Le Velis Electro de Pipistrel a été le premier avion tout électrique disponible dans le commerce à obtenir une certification n’importe où, après l’approbation de l’EASA pour le type biplace le 10 juin 2020. Entre-temps, environ 200 ont été livrés aux clients.
Au total, environ 2 700 avions volent dans le monde.
LIMITES DE LA BATTERIE
Le facteur limitant pour les moteurs entièrement électriques est toujours la capacité et l’autonomie de la batterie, et cette capacité par rapport à leur prix. Alors que l’efficacité des batteries augmente d’environ 5 % chaque année, le coût des batteries plus puissantes est multiple et dépasse presque toujours leur valeur sur le marché des trainers.
« Vous échangez les performances de la batterie de manière non linéaire avec le coût. Cela n’a pas de sens pour le segment de la formation des pilotes qui est une opération sensible aux coûts », déclare Tomazic.
Velis Electro a des coûts d’exploitation inférieurs à ceux d’un avion à carburant fossile, en partie parce que ses batteries n’ont qu’une autonomie d’environ une heure de ce qu’il appelle des «minutes actives» – le temps pendant lequel le moteur tourne réellement.

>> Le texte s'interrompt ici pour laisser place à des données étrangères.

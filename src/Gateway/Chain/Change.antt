-- ===== src/Gateway/Chain/Change.antt =====
-- What the changes of the links leave.
use luna_agent.Prelude.{
  String, ◌≡◌, refl, sym, ◌∙◌, Bool, true, false, ◌&&◌, ◌||◌, none, some, List, [], ◌∷◌, arith,
  elem, ◌==◌, ==_iff, String_eq, if◌then◌else◌,
}
use luna_agent.Prelude.Dict
use luna_agent.Prelude.Dict.{get-put, get-remove}
use luna_agent.Gateway.Chain.{
  CompressionChain, Links, Write, save, remove_links, any_link, remove_chain,
}

-- Some entry with the key names a target.
abbrev names_target : List String → List (String × String) → String → Bool
names_target targets [] k = false
names_target targets ((old, new) ∷ rest) k =
    ((old == k) && (elem old targets || elem new targets)) || names_target targets rest k

get-remove_links :
    (targets : List String) (entries : List (String × String)) (d : Links) (k : String)
    → Dict.get (remove_links targets entries d) k
      ≡ (if names_target targets entries k then none else Dict.get d k)
unfolding remove_links
get-remove_links targets [] d k = refl
get-remove_links targets ((old, new) ∷ rest) d k = ground (
  arith,
  get-remove_links targets rest d k,
  get-remove_links targets rest (Dict.remove d old) k,
  get-remove d old k,
)

-- The entry that a lookup finds.
named_of_get :
    (targets : List String) (d : Links) (k v : String)
    → Dict.get d k ≡ some v
    → names_target targets d k ≡ false
    → (elem k targets ≡ false) × (elem v targets ≡ false)
unfolding Dict.get
named_of_get targets [] k v e h = cc
named_of_get targets ((old, new) ∷ rest) k v e h =
    ground (arith, named_of_get targets rest k v, ==_iff old k)

names_some :
    (targets : List String) (entries : List (String × String)) (k : String)
    → names_target targets entries k ≡ true
    → any_link targets entries ≡ true
unfolding any_link
names_some targets [] k h = cc
names_some targets ((old, new) ∷ rest) k h = ground (arith, names_some targets rest k)

remove_chain_links :
    (c : CompressionChain) (targets : List String) (write : Write) (k : String)
    → Dict.get (remove_chain c targets write).0.chain k
      ≡ Dict.get (remove_links targets c.chain c.chain) k
unfolding remove_chain save
remove_chain_links c targets write k =
    ground (arith, names_some targets c.chain k, get-remove_links targets c.chain c.chain k)

-- If remove_chain leaves a link, written or not, then neither of its ends is a target and it was a
-- link before.
pub remove_chain_leaves :
    (c : CompressionChain) (targets : List String) (write : Write) (k v : String)
    → Dict.get (remove_chain c targets write).0.chain k ≡ some v
    → (elem k targets ≡ false) × (elem v targets ≡ false) × (Dict.get c.chain k ≡ some v)
remove_chain_leaves c targets write k v e =
    let found : (if names_target targets c.chain k then none else Dict.get c.chain k) ≡ some v =
      sym (get-remove_links targets c.chain c.chain k)
      ∙ sym (remove_chain_links c targets write k)
      ∙ e in
    ground (arith, found, named_of_get targets c.chain k v)
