-- ===== src/Gateway/Chain/Walk.antt =====
-- The walks along the links end, and agree.
use luna_agent.Prelude.{
  ℕ, zero, suc, ◌+◌, ◌≤◌, ◌<◌, String, ◌≡◌, refl, ap, ◌⊎◌, inl, inr, true, false, ◌||◌, none, some,
  List, [], ◌∷◌, ◌++◌, arith, elem, ==_iff, String_eq, if◌then◌else◌, Bool-cases, Option-cases,
  length,
}
use luna_agent.Prelude.Dict
use luna_agent.Gateway.Chain.{CompressionChain, Links, resolve_loop, resolve, chain_loop, get_chain}

-- How many links start at a session that was not seen.
abbrev unseen : Links → List String → ℕ
unseen [] seen = 0
unseen ((old, new) ∷ d) seen = (if elem old seen then 0 else 1) + unseen d seen

unseen-le : (d : Links) (seen : List String) → unseen d seen ≤ length d
unseen-le [] seen = omega arith
unseen-le ((old, new) ∷ d) seen = ground (arith, unseen-le d seen)

unseen-more : (d : Links) (seen : List String) (x : String) → unseen d (x ∷ seen) ≤ unseen d seen
unseen-more [] seen x = omega arith
unseen-more ((old, new) ∷ d) seen x = ground (arith, unseen-more d seen x)

-- Seeing the start of a link leaves fewer.
unseen-fewer :
    (d : Links) (seen : List String) (x y : String)
    → Dict.get d x ≡ some y
    → elem x seen ≡ false
    → unseen d (x ∷ seen) < unseen d seen
unfolding Dict.get
unseen-fewer [] seen x y e h = cc
unseen-fewer ((old, new) ∷ d) seen x y e h =
    ground (arith, unseen-fewer d seen x y, unseen-more d seen x, ==_iff x old, ==_iff old x)

abbrev pub last_or : String → List String → String
last_or x [] = x
last_or x (y ∷ ys) = last_or y ys

-- The sessions that a walk visits after its first, and how both loops end.
record Walked (d : Links) (fuel : ℕ) (session current : String) (seen result : List String)
    : Type 0 where
  path : List String
  chain_is : chain_loop d fuel current seen result ≡ some (result ++ path)
  ends :
      ((Dict.get d (last_or current path) ≡ none)
        × (resolve_loop d fuel session current seen ≡ some (last_or current path)))
      ⊎ ((next : String) × (Dict.get d (last_or current path) ≡ some next)
          × ((elem next seen || elem next path) ≡ true)
          × (resolve_loop d fuel session current seen ≡ some session))

append-nil : (xs : List String) → xs ++ [] ≡ xs
append-nil [] = refl
append-nil (x ∷ xs) = ap (λ ys. x ∷ ys) (append-nil xs)

append_snoc : (xs ys : List String) (x : String) → (xs ++ x ∷ []) ++ ys ≡ xs ++ x ∷ ys
append_snoc [] ys x = refl
append_snoc (z ∷ xs) ys x = ap (λ zs. z ∷ zs) (append_snoc xs ys x)

-- A walk stops where no link starts.
walk_stops :
    (d : Links) (fuel : ℕ) (session current : String) (seen result : List String)
    → Dict.get d current ≡ none
    → Walked d (suc fuel) session current seen result
unfolding chain_loop resolve_loop
walk_stops d fuel session current seen result e = record {
  path = [];
  chain_is = ground (arith, e, append-nil result);
  ends = inl (e, ground (arith, e));
}

walk_turns :
    (d : Links) (fuel : ℕ) (session current next : String) (seen result : List String)
    → Dict.get d current ≡ some next
    → elem next seen ≡ true
    → Walked d (suc fuel) session current seen result
unfolding chain_loop resolve_loop
walk_turns d fuel session current next seen result e h = record {
  path = [];
  chain_is = ground (arith, e, append-nil result);
  ends = inr (next, e, ground arith, ground (arith, e));
}

walk_steps :
    (d : Links) (fuel : ℕ) (session current next : String) (seen result : List String)
    → Dict.get d current ≡ some next
    → elem next seen ≡ false
    → Walked d fuel session next (next ∷ seen) (result ++ next ∷ [])
    → Walked d (suc fuel) session current seen result
unfolding chain_loop resolve_loop
walk_steps d fuel session current next seen result e h w = record {
  path = next ∷ w.path;
  chain_is = ground (arith, e, w.chain_is, append_snoc result w.path next);
  ends = elim w.ends [
    | inl (stop, found) ↦ inl (stop, ground (arith, e))
    | inr (z, more, known, found) ↦ inr (z, more, ground arith, ground (arith, e))
  ];
}

walk :
    (d : Links) (fuel : ℕ) (session current : String) (seen result : List String)
    → unseen d seen < fuel
    → Walked d (suc fuel) session current seen result
walk d zero session current seen result h = absurd (omega arith)
walk d (suc fuel) session current seen result h = elim (Option-cases (Dict.get d current)) [
  | inl stop ↦ walk_stops d (suc fuel) session current seen result stop
  | inr (next, e) ↦ elim (Bool-cases (elem next seen)) [
    | inl turns ↦ walk_turns d (suc fuel) session current next seen result e turns
    | inr fresh ↦
        walk_steps d (suc fuel) session current next seen result e fresh
          (elim (Option-cases (Dict.get d next)) [
            | inl stop ↦ walk_stops d fuel session next (next ∷ seen) (result ++ next ∷ []) stop
            | inr (z, e') ↦
                walk d fuel session next (next ∷ seen) (result ++ next ∷ [])
                  (ground (arith, unseen-fewer d seen next z e' fresh))
          ])
  ]
]

-- The loops of get_chain and resolve end. Where no link starts at the last session of the lineage,
-- resolve gives that session; otherwise its link leads back into the lineage, and resolve gives the
-- session that was asked for.
pub resolve-get_chain :
    (c : CompressionChain) (session : String)
    → (path : List String) × (get_chain c session ≡ some (session ∷ path))
      × (((Dict.get c.chain (last_or session path) ≡ none)
            × (resolve c session ≡ some (last_or session path)))
          ⊎ ((next : String) × (Dict.get c.chain (last_or session path) ≡ some next)
              × (elem next (session ∷ path) ≡ true)
              × (resolve c session ≡ some session)))
unfolding get_chain resolve
resolve-get_chain c session =
    let w =
      walk c.chain (suc (length c.chain)) session session (session ∷ []) (session ∷ [])
        (ground (arith, unseen-le c.chain (session ∷ []))) in
    (
      w.path,
      w.chain_is,
      elim w.ends [
        | inl found ↦ inl found
        | inr (next, more, known, found) ↦ inr (next, more, ground arith, found)
      ],
    )
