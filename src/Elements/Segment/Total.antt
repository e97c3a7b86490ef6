-- ===== src/Elements/Segment/Total.antt =====
-- The readers of segments and globals end on every input.
use parity_wasm.Base.{ℕ, arith}
use parity_wasm.Elements.Total.{IsTotal}
use parity_wasm.Elements.Buffered.{buffered_read-IsTotal}
use parity_wasm.Elements.Primitives.ByteOrder.{LittleEndian}
use parity_wasm.Elements.Primitives.Total.{reader_rules}
use parity_wasm.Elements.ImportEntry.Total.{global_type-IsTotal}
use parity_wasm.Elements.Ops.Blocks.Total.{init_expr-IsTotal}
use parity_wasm.Elements.Segment.{
  index_of, offset_of, head_of, deserialize_head, deserialize_element_segment,
  deserialize_data_segment, deserialize_global_entry,
}

module _ (le : LittleEndian) where
  head-IsTotal : IsTotal (deserialize_head le)
  unfolding deserialize_head head_of index_of offset_of
  head-IsTotal = search (reader_rules, init_expr-IsTotal) depth 20

  pub element_segment-IsTotal : IsTotal (deserialize_element_segment le)
  unfolding deserialize_element_segment
  element_segment-IsTotal = search (reader_rules, head-IsTotal) depth 20

  pub data_segment-IsTotal : IsTotal (deserialize_data_segment le)
  unfolding deserialize_data_segment
  data_segment-IsTotal =
      search
        (reader_rules, head-IsTotal, λ (len : ℕ). buffered_read-IsTotal 65536 len (omega arith))
        depth 20

  pub global_entry-IsTotal : IsTotal (deserialize_global_entry le)
  unfolding deserialize_global_entry
  global_entry-IsTotal = search (reader_rules, global_type-IsTotal, init_expr-IsTotal) depth 20
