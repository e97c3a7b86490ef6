-- ===== src/Elements/Section/Total.antt =====
-- The reader of sections ends on every input, and finds the end of a module only where nothing is left.
use parity_wasm.Base.{
  ℕ, ap, Bool, ◌≡◌, ◌≢◌, ◌↔◌, refl, false, [], ◌∷◌, length, Outcome, ok, err, panic, out_of_fuel,
  arith,
}
use parity_wasm.Elements.Error.{Error, is_eof, unexpected_eof}
use parity_wasm.Elements.Codec.{Bytes}
use parity_wasm.Elements.Total.{
  IsTotal, IsTotal-bind, IsTotal-pure, Ends, returned, refused, Ends-le,
}
use parity_wasm.Elements.Primitives.ByteOrder.{LittleEndian}
use parity_wasm.Elements.Primitives.VarUint7
use parity_wasm.Elements.Primitives.Text
use parity_wasm.Elements.Primitives.Total.{reader_rules}
use parity_wasm.Elements.Types.Total.{type-IsTotal}
use parity_wasm.Elements.ImportEntry.Total.{
  import_entry-IsTotal, table_type-IsTotal, memory_type-IsTotal,
}
use parity_wasm.Elements.ExportEntry.Total.{export_entry-IsTotal}
use parity_wasm.Elements.Segment.Total.{
  element_segment-IsTotal, data_segment-IsTotal, global_entry-IsTotal,
}
use parity_wasm.Elements.Func.Total.{func-IsTotal, func_body-IsTotal}
use parity_wasm.Elements.Section.RoundTrip.{nothing_left}
use parity_wasm.Elements.Section.SectionReader.{
  read_ahead-IsTotal, in_section-IsTotal, entries-IsTotal,
}
use parity_wasm.Elements.Section.{
  section_of, after_id, deserialize, custom_of, deserialize_custom_section,
}

custom_of-IsTotal : (n : ℕ) (o : Outcome Error (Bytes × Bytes)) → Ends 0 n o → IsTotal (custom_of o)
unfolding custom_of
custom_of-IsTotal n (ok (text, payload)) (returned h) = IsTotal-pure _
custom_of-IsTotal n (err e) (refused h) = record { at = λ src. refused h }
custom_of-IsTotal n panic h = elim h [ ]
custom_of-IsTotal n out_of_fuel h = elim h [ ]

custom-IsTotal : IsTotal deserialize_custom_section
unfolding deserialize_custom_section
custom-IsTotal =
    IsTotal-bind _ _ (read_ahead-IsTotal 16384 (omega arith))
      (λ buf. custom_of-IsTotal (length buf) _ (Text.Text-IsTotal.at buf))

says_eof : {A : Type 0} → Outcome Error A → Bool
says_eof (err e) = is_eof e
says_eof _ = false

Ends-no_eof :
    {A : Type 0} {k n : ℕ} {o : Outcome Error (A × Bytes)} → Ends k n o → o ≢ err unexpected_eof
unfolding says_eof
Ends-no_eof (returned h) e = cc e
Ends-no_eof (refused h) e = let said = ap says_eof e in cc (h, said)

module _ (le : LittleEndian) where
  section_of-IsTotal : (id : ℕ) → IsTotal (section_of le id)
  unfolding section_of
  section_of-IsTotal id =
      search
        (
          reader_rules, custom-IsTotal, in_section-IsTotal, entries-IsTotal, type-IsTotal,
          import_entry-IsTotal, func-IsTotal, table_type-IsTotal, memory_type-IsTotal,
          global_entry-IsTotal, export_entry-IsTotal, element_segment-IsTotal, func_body-IsTotal,
          data_segment-IsTotal,
        )
        depth 40

  pub section-Ends : (b : ℕ) (src : Bytes) → Ends 1 (length (b ∷ src)) (deserialize le (b ∷ src))
  unfolding deserialize after_id VarUint7.deserialize
  section-Ends b src = Ends-le (omega arith) ((section_of-IsTotal b).at src)

  -- Reading a section returns `UnexpectedEof` exactly where no byte is left.
  pub section_end_iff : (src : Bytes) → (deserialize le src ≡ err unexpected_eof) ↔ (src ≡ [])
  section_end_iff [] = ((λ e. refl), λ e. nothing_left le)
  section_end_iff (b ∷ src) = ((λ e. absurd (Ends-no_eof (section-Ends b src) e)), λ e. cc e)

Le moteur de l’avion est conçu pour s’arrêter lorsqu’il ne bouge pas au sol, par exemple à un point d’arrêt.
« La capacité de l’avion est de répondre à ce qu’un élève est capable de suivre dans une leçon de vol donnée », dit-il. Le temps de charge est actuellement d’une heure, mais la société se «ferme» sur une technologie qui réduira de moitié le temps nécessaire pour charger complètement l’avion.
Jusqu’à présent, le type fonctionne dans un environnement presque exclusivement d’école de pilotage ou de club de pilotage. « En raison de l’avantage de coût d’un avion électrique, nous constatons une utilisation élevée de ces avions ; les gens qui en ont les volent beaucoup.
Le Velis Electro est construit à 100% en interne, y compris ses batteries, de sorte que l’entreprise ne dépend pas d’une chaîne d’approvisionnement pour livrer ces composants.
« Et s’il y a un moment magique, une percée dans la technologie des batteries, je veux que ce soit nous qui fassions le premier pas pour l’intégrer directement dans le produit. »
L’Alpha Trainer de la société, qui possède une certification FAA en tant qu’avion de sport léger, est actuellement utilisé par le transporteur régional Mesa Airlines dans le but créatif d’attirer les pilotes et de leur ouvrir une voie plus facile pour acquérir l’expérience aéronautique requise pour rejoindre une compagnie aérienne. En septembre dernier, Mesa a annoncé son intention d’acquérir 29 avions Pipistrel Alpha Trainer 2, avec une option d’achat de 75 autres au cours de l’année prochaine.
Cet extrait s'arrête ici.